Probability Rules

Probability Rules

You must have played cards and enjoyed that too.

Girl won the game of cards with aces

While playing a game of cards, did you ever predict the next card to be a king, a queen or an ace, which could make you win the game?

Or may be you wished for a certain card to come up next which could be in your favor!

Have you ever thought that you have been using the concept of probability in your daily life, whether it is the game of cards or anything else?

There are conditions or possibilities of events occurring at the same time or you chance upon events going consecutively, so how do you find out the probability of those events?

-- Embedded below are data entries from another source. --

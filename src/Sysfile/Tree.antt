-- ===== src/Sysfile/Tree.antt =====
-- The parts of the system calls that change the tree of the directories, inside a transaction:
-- `isdirempty`, `create`, and what `sys_link` and `sys_unlink` do with locked inodes.
use csse332lab.Base.{
  ℕ, zero, suc, ◌+◌, ◌-◌, ◌/◌, ◌%◌, ◌^◌, Bool, true, false, not, ◌&&◌, ◌||◌, Option, none, some,
  List, [], ◌∷◌, ltb, leb, ◌==◌, if◌then◌else◌,
}
use csse332lab.Fs.{M, ret, panic, ◌>>=◌, ◌>>◌, inode, set_inode, t_dir}
use csse332lab.Fs.Inodes.{ialloc, iupdate, ilock}
use csse332lab.Fs.Content.{iunlockput, writei}
use csse332lab.Fs.Dirs.{dirent_size, read_dirent, dirlookup, dirlink, namecmp}
use csse332lab.Fs.Paths.{nameiparent}

abbrev pub t_file : ℕ
t_file = 2

abbrev pub t_device : ℕ
t_device = 3

abbrev dot : List ℕ
dot = b'.' ∷ []

abbrev dots : List ℕ
dots = b'.' ∷ b'.' ∷ []

abbrev set_nlink : ℕ → ℕ → M (Unit {0})
set_nlink i n fs = set_inode i (record (fs.itable i) { nlink = n }) fs

-- ip->nlink++, --, as a short
pub nlink_up : ℕ → M (Unit {0})
nlink_up i = do ip ← inode i; set_nlink i ((ip.nlink + 1) % 2 ^ 16)

pub nlink_down : ℕ → M (Unit {0})
nlink_down i = do ip ← inode i; set_nlink i ((ip.nlink + 2 ^ 16 - 1) % 2 ^ 16)

-- The loop of `isdirempty`, with at most `k` rounds.
pub isdirempty_loop : (dp : ℕ) → ℕ → (off : ℕ) → M Bool
isdirempty_loop dp zero off fs = some (true, fs)
isdirempty_loop dp (suc k) off fs =
    if not (ltb off (fs.itable dp).size)
    then some (true, fs)
    else (do
      de ← read_dirent dp off
      if de.inum == 0 then isdirempty_loop dp k (off + dirent_size) else ret false)
        fs

pub isdirempty : (dp : ℕ) → M Bool
isdirempty dp fs =
    isdirempty_loop dp ((fs.itable dp).size / dirent_size) (dirent_size + dirent_size) fs

-- `create` from the inode `i` that `ialloc` gave on.
pub create_new : (dp : ℕ) (name : List ℕ) (i type major minor : ℕ) → M (Option ℕ)
create_new dp name i type major minor = do
  ilock i
  now ← inode i
  set_inode i (record now { major = major; minor = minor; nlink = 1 })
  iupdate i
  ip ← inode i
  d ← inode dp
  has_dots ←
      (if type == t_dir
        then (do
          entered ← dirlink i dot ip.inum
          if entered then dirlink i dots d.inum else ret false)
        else ret true)
  entered ← (if has_dots then dirlink dp name ip.inum else ret false)
  if entered
      then (do
        if type == t_dir then nlink_up dp >> iupdate dp else ret tt
        iunlockput dp
        ret (some i))
      else (do set_nlink i 0; iupdate i; iunlockput i; iunlockput dp; ret none)

pub create : (path : List ℕ) (type major minor : ℕ) → M (Option ℕ)
create path type major minor = do
  parent ← nameiparent path
  elim parent [
    | none ↦ ret none
    | some (dp, name) ↦ (do
      ilock dp
      hit ← dirlookup dp name
      elim hit [
        | some (i, _) ↦ (do
          iunlockput dp
          ilock i
          ip ← inode i
          if type == t_file && (ip.type == t_file || ip.type == t_device)
              then ret (some i)
              else iunlockput i >> ret none)
        | none ↦ (do
          d ← inode dp
          got ← ialloc d.dev type
          elim got [
            | none ↦ iunlockput dp >> ret none
            | some i ↦ create_new dp name i type major minor
          ])
      ])
  ]

-- `sys_link` at the directory of the new name: whether the entry for the inode `i` is made.
pub link_entry : (dp : ℕ) (name : List ℕ) (i : ℕ) → M Bool
link_entry dp name i = do
  ilock dp
  d ← inode dp
  ip ← inode i
  linked ← (if not (d.dev == ip.dev) then ret false else dirlink dp name ip.inum)
  iunlockput dp
  ret linked

-- `bad:` of `sys_link`
pub unlink_inode : ℕ → M (Unit {0})
unlink_inode i = do ilock i; nlink_down i; iupdate i; iunlockput i

-- `sys_unlink` from the locked inode `i` on, whose entry in the directory is at `off`; false for
-- `goto bad`.
pub unlink_entry : (dp i off : ℕ) → M Bool
unlink_entry dp i off = do
  ip ← inode i
  empty ← (if ip.type == t_dir then isdirempty i else ret true)
  if not empty then iunlockput i >> ret false else (do
    written ← writei (λ j. 0) (λ tot m. m) dp off dirent_size
    elim written [ none ↦ panic | some n ↦ if n == dirent_size then ret tt else panic ]
    if ip.type == t_dir then nlink_down dp >> iupdate dp else ret tt
    iunlockput dp
    nlink_down i
    iupdate i
    iunlockput i
    ret true)

-- `sys_unlink` at the locked directory.
pub unlink_name : (dp : ℕ) (name : List ℕ) → M Bool
unlink_name dp name = if namecmp name dot || namecmp name dots then ret false else (do
  hit ← dirlookup dp name
  elim hit [
    | none ↦ ret false
    | some (i, off) ↦ (do
      ilock i
      ip ← inode i
      if ltb ip.nlink 1 || leb (2 ^ 15) ip.nlink then panic else unlink_entry dp i off)
  ])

Well! There are probability rules that you can follow!

Let's explore the simulation below to get an idea about probability! Enter the values to calculate the probability of numbers.

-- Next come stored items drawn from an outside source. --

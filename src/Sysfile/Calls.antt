-- ===== src/Sysfile/Calls.antt =====
-- The system calls that take paths.
use csse332lab.Base.{
  ℕ, ◌/◌, ◌%◌, ◌^◌, Bool, not, ◌&&◌, ◌||◌, Option, none, some, List, ltb, ◌==◌, if◌then◌else◌,
  update,
}
use csse332lab.Fs.{Inode, inode, t_dir}
use csse332lab.Fs.Inodes.{iupdate, ilock, iunlock}
use csse332lab.Fs.Content.{iput, iunlockput, itrunc}
use csse332lab.Fs.Paths.{namei, nameiparent}
use csse332lab.Files.{File, fd_inode, fd_device, filealloc}
use csse332lab.Files.Data.{ndev}
use csse332lab.Sysfile.{gives, S, ret, ◌>>=◌, ◌>>◌, begin_op, end_op, inside, fdalloc, close_file}
use csse332lab.Sysfile.Tree.{
  t_file, t_device, nlink_up, create, link_entry, unlink_inode, unlink_name,
}

unfoldable pub sys_link : (old new : Option (List ℕ)) → S (Option ℕ)
sys_link none new = ret none
sys_link (some old) none = ret none
sys_link (some old) (some new) = do
  begin_op
  found ← inside (namei old)
  elim found [
    | none ↦ end_op >> ret none
    | some i ↦ (do
      inside (ilock i)
      ip ← inside (inode i)
      if ip.type == t_dir then inside (iunlockput i) >> end_op >> ret none else (do
        inside (nlink_up i)
        inside (iupdate i)
        inside (iunlock i)
        parent ← inside (nameiparent new)
        elim parent [
          | none ↦ inside (unlink_inode i) >> end_op >> ret none
          | some (dp, name) ↦ (do
            linked ← inside (link_entry dp name i)
            if linked
                then inside (iput i) >> end_op >> ret (some 0)
                else inside (unlink_inode i) >> end_op >> ret none)
        ]))
  ]

unfoldable pub sys_unlink : (path : Option (List ℕ)) → S (Option ℕ)
sys_unlink none = ret none
sys_unlink (some path) = do
  begin_op
  parent ← inside (nameiparent path)
  elim parent [
    | none ↦ end_op >> ret none
    | some (dp, name) ↦ (do
      inside (ilock dp)
      removed ← inside (unlink_name dp name)
      if removed then end_op >> ret (some 0) else inside (iunlockput dp) >> end_op >> ret none)
  ]

-- iunlockput(ip); end_op(); return -1;
abbrev pub give_up : ℕ → S (Option ℕ)
give_up i = inside (iunlockput i) >> end_op >> ret none

-- `omode & 2^b`
abbrev pub flag : (omode b : ℕ) → Bool
flag omode b = omode / 2 ^ b % 2 == 1

abbrev pub o_wronly : ℕ → Bool
o_wronly omode = flag omode 0

abbrev pub o_rdwr : ℕ → Bool
o_rdwr omode = flag omode 1

abbrev pub o_create : ℕ → Bool
o_create omode = flag omode 9

abbrev pub o_trunc : ℕ → Bool
o_trunc omode = flag omode 10

-- The file that `sys_open` makes of a fresh one.
unfoldable pub opened : (i : ℕ) → Inode → (omode : ℕ) → File → File
opened i ip omode f =
    let g =
      if ip.type == t_device
      then record f { type = fd_device; major = ip.major }
      else record f { type = fd_inode; off = 0 } in
    record g { ip = i; readable = not (o_wronly omode); writable = o_wronly omode || o_rdwr omode }

unfoldable pub set_file : ℕ → (File → File) → S (Unit {0})
set_file f g s = gives tt (record s { files = update s.files f (g (s.files f)) })

unfoldable pub alloc_file : S (Option ℕ)
alloc_file s = let (r, files) = filealloc s.files in gives r (record s { files = files })

-- The inode that `sys_open` opens, locked.
unfoldable pub open_inode : (path : List ℕ) (omode : ℕ) → S (Option ℕ)
open_inode path omode = if o_create omode then inside (create path t_file 0 0) else (do
  found ← inside (namei path)
  elim found [
    | none ↦ ret none
    | some i ↦ (do
      inside (ilock i)
      ip ← inside (inode i)
      if ip.type == t_dir && not (omode == 0)
          then inside (iunlockput i) >> ret none
          else ret (some i))
  ])

module _ (end : ℕ) where
  -- `sys_open` of the locked inode `i`, whose fields are `ip`, with a file and a descriptor.
  unfoldable pub with_descriptor : (i omode : ℕ) → Inode → (f fd : ℕ) → S (Option ℕ)
  with_descriptor i omode ip f fd = do
    set_file f (opened i ip omode)
    if o_trunc omode && ip.type == t_file then inside (itrunc i) else ret tt
    inside (iunlock i)
    end_op
    ret (some fd)

  -- Behind `fdalloc`.
  unfoldable pub open_descriptor : (i omode : ℕ) → Inode → (f : ℕ) → Option ℕ → S (Option ℕ)
  open_descriptor i omode ip f none = close_file end f >> give_up i
  open_descriptor i omode ip f (some fd) = with_descriptor i omode ip f fd

  -- Behind `filealloc`.
  unfoldable pub with_file : (i omode : ℕ) → Inode → Option ℕ → S (Option ℕ)
  with_file i omode ip none = give_up i
  with_file i omode ip (some f) = fdalloc f >>= open_descriptor i omode ip f

  -- From the locked inode on.
  unfoldable pub open_file : (i omode : ℕ) → S (Option ℕ)
  open_file i omode = do
    ip ← inside (inode i)
    if ip.type == t_device && not (ltb ip.major ndev)
        then give_up i
        else alloc_file >>= with_file i omode ip

  unfoldable pub sys_open : (path : Option (List ℕ)) (omode : ℕ) → S (Option ℕ)
  sys_open none omode = ret none
  sys_open (some path) omode = do
    begin_op
    found ← open_inode path omode
    elim found [ none ↦ end_op >> ret none | some i ↦ open_file i omode ]

-- sys_mkdir, sys_mknod
unfoldable pub make : (path : Option (List ℕ)) (type major minor : ℕ) → S (Option ℕ)
make none type major minor = begin_op >> end_op >> ret none
make (some path) type major minor = do
  begin_op
  made ← inside (create path type major minor)
  elim made [ none ↦ end_op >> ret none | some i ↦ inside (iunlockput i) >> end_op >> ret (some 0) ]

unfoldable pub sys_mkdir : (path : Option (List ℕ)) → S (Option ℕ)
sys_mkdir path = make path t_dir 0 0

-- The numbers are ints, and passed as shorts.
unfoldable pub sys_mknod : (path : Option (List ℕ)) (major minor : ℕ) → S (Option ℕ)
sys_mknod path major minor = make path t_device (major % 2 ^ 16) (minor % 2 ^ 16)

-- p->cwd = ip
unfoldable pub set_cwd : ℕ → S (Unit {0})
set_cwd i s = gives tt (record s { fs = record s.fs { cwd = i } })

unfoldable pub sys_chdir : (path : Option (List ℕ)) → S (Option ℕ)
sys_chdir none = begin_op >> end_op >> ret none
sys_chdir (some path) = do
  begin_op
  found ← inside (namei path)
  elim found [
    | none ↦ end_op >> ret none
    | some i ↦ (do
      inside (ilock i)
      ip ← inside (inode i)
      if not (ip.type == t_dir) then give_up i else (do
        inside (iunlock i)
        inside (λ fs. iput fs.cwd fs)
        end_op
        set_cwd i
        ret (some 0)))
  ]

This mini lesson will tell you about probability rules, the complement rule and the fundamental counting principle.

Check out the interesting examples and a few interactive questions at the end of the page.

Lesson Plan


What Is Probability?

Probability is a measure of the likelihood of an event to occur. Many events cannot be predicted with total certainty.

Using probability, one can predict only the chance of an event to occur, i.e., how likely they are going to happen.

For example, when a coin is tossed, there is a probability to get heads or tails.

Properties:

  • Probability of an impossible event is phi or a null set.
  • The maximum probability of an event is its sample space (sample space is the total number of possible outcomes)
  • Probability of any event exists between 0 and 1. (0 can also be a probability).
  • There cannot be a negative probability for an event.
  • If A and B are two mutually exclusive outcomes (Two events that cannot occur at the same time), then the probability of A or B occurring is the probability of A plus the probability of B.

The probability formula is the ratio of the possibility of occurrence of an outcome to the total number of outcomes.

Probability of occurrence of an event P(E) = Number of favorable outcomes/Total Number of outcomes.


What Are the Rules of Probability in Math?

1. Addition Rule

Whenever an event is the union of two other events, say A and B, then \(P(A \text { or } B)=P(A)+P(B)-P(A \cap B)\)

\(\mathrm{P}(\mathrm{A} \cup \mathrm{B})=\mathrm{P}(\mathrm{A})+\mathrm{P}(\mathrm{B})-\mathrm{P}(\mathrm{A} \cap \mathrm{B})\)

2. Complementary Rule

Whenever an event is the complement of another event, specifically, if A is an event, then P(not A)=1−P(A) or P(A') = 1 - P(A').

\(P(A)+P\left(A^{\prime}\right)=1\)

3. Conditional Rule

When event A is already known to have occurred and probability of event B is desired, then P(B, given A)=P(A and B)P(A, given B). It can be vica versa in case of event B.
\( \mathrm{P}(\mathrm{B} \mid \mathrm{A})=\mathrm{P}(\mathrm{A} \cap \mathrm{B}) \mathrm{P}(\mathrm{A})\)

4. Multiplication Rule

Whenever an event is the intersection of two other events, that is, events A and B need to occur simultaneously. Then P(A and B)=P(A)⋅P(B).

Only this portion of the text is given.